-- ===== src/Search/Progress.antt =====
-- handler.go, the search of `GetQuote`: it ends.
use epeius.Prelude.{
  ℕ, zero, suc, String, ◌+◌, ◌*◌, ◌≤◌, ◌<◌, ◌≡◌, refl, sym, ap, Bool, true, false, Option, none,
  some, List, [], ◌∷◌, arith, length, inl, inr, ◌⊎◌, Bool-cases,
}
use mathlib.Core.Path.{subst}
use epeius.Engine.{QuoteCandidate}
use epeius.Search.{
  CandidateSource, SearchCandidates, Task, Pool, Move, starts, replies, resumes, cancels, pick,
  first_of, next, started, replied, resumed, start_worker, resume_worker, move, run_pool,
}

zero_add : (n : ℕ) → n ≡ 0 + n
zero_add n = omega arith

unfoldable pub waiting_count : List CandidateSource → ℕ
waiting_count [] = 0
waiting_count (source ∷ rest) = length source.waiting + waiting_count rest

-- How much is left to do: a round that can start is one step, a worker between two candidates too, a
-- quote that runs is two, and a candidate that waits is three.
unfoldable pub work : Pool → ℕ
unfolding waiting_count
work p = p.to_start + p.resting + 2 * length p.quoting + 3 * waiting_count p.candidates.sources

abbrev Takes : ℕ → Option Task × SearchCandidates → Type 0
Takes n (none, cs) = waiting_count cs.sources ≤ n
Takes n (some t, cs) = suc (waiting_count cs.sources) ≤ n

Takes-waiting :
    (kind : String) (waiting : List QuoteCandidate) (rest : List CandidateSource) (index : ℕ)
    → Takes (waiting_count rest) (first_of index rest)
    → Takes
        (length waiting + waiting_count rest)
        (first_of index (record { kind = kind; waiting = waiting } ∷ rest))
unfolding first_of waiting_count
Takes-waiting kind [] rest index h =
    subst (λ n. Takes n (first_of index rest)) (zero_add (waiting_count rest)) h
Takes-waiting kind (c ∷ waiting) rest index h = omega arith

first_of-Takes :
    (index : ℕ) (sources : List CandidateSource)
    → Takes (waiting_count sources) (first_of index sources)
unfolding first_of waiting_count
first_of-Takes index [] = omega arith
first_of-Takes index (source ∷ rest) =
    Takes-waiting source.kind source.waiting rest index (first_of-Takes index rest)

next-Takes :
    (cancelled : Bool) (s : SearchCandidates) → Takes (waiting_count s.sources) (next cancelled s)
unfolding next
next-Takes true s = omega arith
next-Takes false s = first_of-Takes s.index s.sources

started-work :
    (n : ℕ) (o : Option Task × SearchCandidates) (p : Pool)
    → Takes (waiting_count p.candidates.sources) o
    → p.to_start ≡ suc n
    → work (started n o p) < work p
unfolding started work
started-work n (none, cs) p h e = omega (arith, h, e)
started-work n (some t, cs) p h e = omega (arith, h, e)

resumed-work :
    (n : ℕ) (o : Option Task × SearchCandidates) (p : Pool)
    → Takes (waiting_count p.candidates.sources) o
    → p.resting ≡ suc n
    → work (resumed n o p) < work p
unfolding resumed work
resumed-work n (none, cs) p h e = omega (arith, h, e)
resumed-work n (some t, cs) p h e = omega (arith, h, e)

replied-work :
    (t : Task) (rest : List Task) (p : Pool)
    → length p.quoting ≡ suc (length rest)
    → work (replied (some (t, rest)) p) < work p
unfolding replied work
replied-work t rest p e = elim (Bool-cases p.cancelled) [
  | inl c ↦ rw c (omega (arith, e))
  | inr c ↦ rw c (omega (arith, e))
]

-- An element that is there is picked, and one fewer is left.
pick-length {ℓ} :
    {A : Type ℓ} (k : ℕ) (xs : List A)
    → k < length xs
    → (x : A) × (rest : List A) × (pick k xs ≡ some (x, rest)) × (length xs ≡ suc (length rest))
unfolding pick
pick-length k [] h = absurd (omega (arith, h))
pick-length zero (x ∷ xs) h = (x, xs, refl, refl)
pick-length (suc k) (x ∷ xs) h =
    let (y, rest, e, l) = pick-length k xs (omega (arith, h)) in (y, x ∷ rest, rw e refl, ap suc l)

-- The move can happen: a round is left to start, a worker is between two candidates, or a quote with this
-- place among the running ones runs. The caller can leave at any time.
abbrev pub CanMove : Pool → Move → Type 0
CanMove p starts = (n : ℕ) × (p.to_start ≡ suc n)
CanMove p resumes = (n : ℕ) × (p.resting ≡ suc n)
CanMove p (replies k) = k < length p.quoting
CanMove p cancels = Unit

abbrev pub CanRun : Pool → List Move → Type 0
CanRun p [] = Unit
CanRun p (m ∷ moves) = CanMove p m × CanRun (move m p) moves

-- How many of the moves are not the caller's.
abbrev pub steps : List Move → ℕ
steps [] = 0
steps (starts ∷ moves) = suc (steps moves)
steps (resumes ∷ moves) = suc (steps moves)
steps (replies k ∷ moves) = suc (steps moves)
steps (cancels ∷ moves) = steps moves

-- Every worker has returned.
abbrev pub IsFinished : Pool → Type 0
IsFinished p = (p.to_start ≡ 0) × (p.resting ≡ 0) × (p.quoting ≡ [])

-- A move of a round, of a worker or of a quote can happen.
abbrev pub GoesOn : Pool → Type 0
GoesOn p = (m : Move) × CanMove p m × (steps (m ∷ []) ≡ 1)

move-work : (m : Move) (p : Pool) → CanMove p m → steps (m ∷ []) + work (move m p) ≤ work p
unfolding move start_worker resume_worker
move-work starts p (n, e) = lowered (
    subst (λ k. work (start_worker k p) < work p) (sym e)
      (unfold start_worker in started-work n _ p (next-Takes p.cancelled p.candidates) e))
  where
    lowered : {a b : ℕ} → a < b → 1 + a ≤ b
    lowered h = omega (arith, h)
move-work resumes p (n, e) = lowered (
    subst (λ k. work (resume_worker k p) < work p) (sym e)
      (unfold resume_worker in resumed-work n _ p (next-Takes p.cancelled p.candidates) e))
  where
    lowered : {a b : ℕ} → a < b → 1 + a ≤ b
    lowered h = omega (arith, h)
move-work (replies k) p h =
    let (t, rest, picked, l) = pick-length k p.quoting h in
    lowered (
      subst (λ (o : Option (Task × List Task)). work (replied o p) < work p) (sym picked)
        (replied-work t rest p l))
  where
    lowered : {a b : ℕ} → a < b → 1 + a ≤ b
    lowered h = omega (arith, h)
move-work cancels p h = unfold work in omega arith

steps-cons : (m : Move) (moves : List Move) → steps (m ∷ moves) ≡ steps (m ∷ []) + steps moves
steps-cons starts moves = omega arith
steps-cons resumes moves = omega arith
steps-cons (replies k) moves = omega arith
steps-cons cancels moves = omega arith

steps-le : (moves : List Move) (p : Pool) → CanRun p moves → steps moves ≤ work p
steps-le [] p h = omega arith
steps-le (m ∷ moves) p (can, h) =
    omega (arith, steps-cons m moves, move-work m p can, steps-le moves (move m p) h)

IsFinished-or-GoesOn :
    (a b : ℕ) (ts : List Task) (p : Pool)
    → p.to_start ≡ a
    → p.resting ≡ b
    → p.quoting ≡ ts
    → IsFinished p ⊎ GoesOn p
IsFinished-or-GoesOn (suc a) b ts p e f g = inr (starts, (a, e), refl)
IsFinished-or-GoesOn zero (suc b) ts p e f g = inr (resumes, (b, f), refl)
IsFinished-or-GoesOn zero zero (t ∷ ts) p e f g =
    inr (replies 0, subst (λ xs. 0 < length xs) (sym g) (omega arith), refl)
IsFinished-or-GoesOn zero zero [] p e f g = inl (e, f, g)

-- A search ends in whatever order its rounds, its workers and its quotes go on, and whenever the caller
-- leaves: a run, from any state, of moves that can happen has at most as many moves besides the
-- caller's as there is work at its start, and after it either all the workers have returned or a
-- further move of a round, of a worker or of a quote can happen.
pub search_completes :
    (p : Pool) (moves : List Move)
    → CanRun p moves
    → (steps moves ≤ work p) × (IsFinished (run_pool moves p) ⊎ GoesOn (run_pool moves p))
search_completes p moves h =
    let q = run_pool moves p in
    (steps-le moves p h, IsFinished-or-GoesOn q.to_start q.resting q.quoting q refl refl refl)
=-=-=
## What to work on:
The lines above that include "CanRun" should each be listed.

## Problem solution:
abbrev pub CanRun : Pool → List Move → Type 0
CanRun p [] = Unit
CanRun p (m ∷ moves) = CanMove p m × CanRun (move m p) moves
steps-le : (moves : List Move) (p : Pool) → CanRun p moves → steps moves ≤ work p
    → CanRun p moves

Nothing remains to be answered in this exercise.